**Listed records**
++++++++++++++++++++

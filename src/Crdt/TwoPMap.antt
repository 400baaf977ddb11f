-- ===== src/Crdt/TwoPMap.antt =====
-- ossa-crdt/src/map/twopmap.rs: the two-phase map.
pub mod Op
pub mod Slots
pub mod Commute
mod Tests
use ossa.Prelude.{
  Bool, true, false, Option, none, some, Run, done, panic, ◌>>=◌, List, [], ◌∷◌, Ord,
}
use ossa.Crdt.Time.{CausalState, Crdt}
use ossa.Crdt.TwoPMap.Op.{TwoPMapOp, key}
use ossa.Crdt.Im.{OrdMap, OrdSet}

module _ {ℓ κ} {K : Type ℓ} {V : Type κ} ⦃o : Ord K⦄ (maps : OrdMap K V) (sets : OrdSet K) where
  pub record TwoPMap : Type (ℓ ⊔ κ) where
    pub map : maps.Map
    pub tombstones : sets.Keys

  -- `TwoPMap::new`
  unfoldable pub new : TwoPMap
  new = record { map = maps.empty; tombstones = sets.empty }

  -- `TwoPMap::get`
  unfoldable pub get : TwoPMap → K → Option V
  get self k = maps.get k self.map

  module _ {μ} {Op : Type μ} (value : Crdt V Op K) where
    -- the three cases of the `match`, for a key that is not deleted
    unfoldable pub apply_live : CausalState K → TwoPMap → TwoPMapOp K V Op → Run TwoPMap
    apply_live st self (TwoPMapOp.insert k v) = elim (maps.get k self.map) [
      | none ↦ done (record self { map = maps.update_with k v (λ old new. new) self.map })
      | some _ ↦ panic
    ]
    apply_live st self (TwoPMapOp.apply k op) = elim (maps.get k self.map) [
      | none ↦ panic
      | some v ↦ value.apply st v op >>= λ w.
          done (record self { map = maps.alter (λ _. some w) k self.map })
    ]
    apply_live st self (TwoPMapOp.delete k) =
        done (record { map = maps.without k self.map; tombstones = sets.update k self.tombstones })

    -- `TwoPMap::apply`
    unfoldable pub apply : CausalState K → TwoPMap → TwoPMapOp K V Op → Run TwoPMap
    unfolding apply_live key
    apply st self op = elim (sets.contains (key op) self.tombstones) [
      | true ↦ done self
      | false ↦ apply_live st self op
    ]

    unfoldable pub apply_all : CausalState K → TwoPMap → List (TwoPMapOp K V Op) → Run TwoPMap
    apply_all st m [] = done m
    apply_all st m (op ∷ ops) = apply st m op >>= λ m'. apply_all st m' ops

++++++++++++++++++++

Take the entries above and return only the lines from the one with "pub tombstones : sets.Keys" to the one with "unfoldable pub apply_live", both included, unchanged.

    pub tombstones : sets.Keys

  -- `TwoPMap::new`
  unfoldable pub new : TwoPMap
  new = record { map = maps.empty; tombstones = sets.empty }

  -- `TwoPMap::get`
  unfoldable pub get : TwoPMap → K → Option V
  get self k = maps.get k self.map

  module _ {μ} {Op : Type μ} (value : Crdt V Op K) where
    -- the three cases of the `match`, for a key that is not deleted
    unfoldable pub apply_live : CausalState K → TwoPMap → TwoPMapOp K V Op → Run TwoPMap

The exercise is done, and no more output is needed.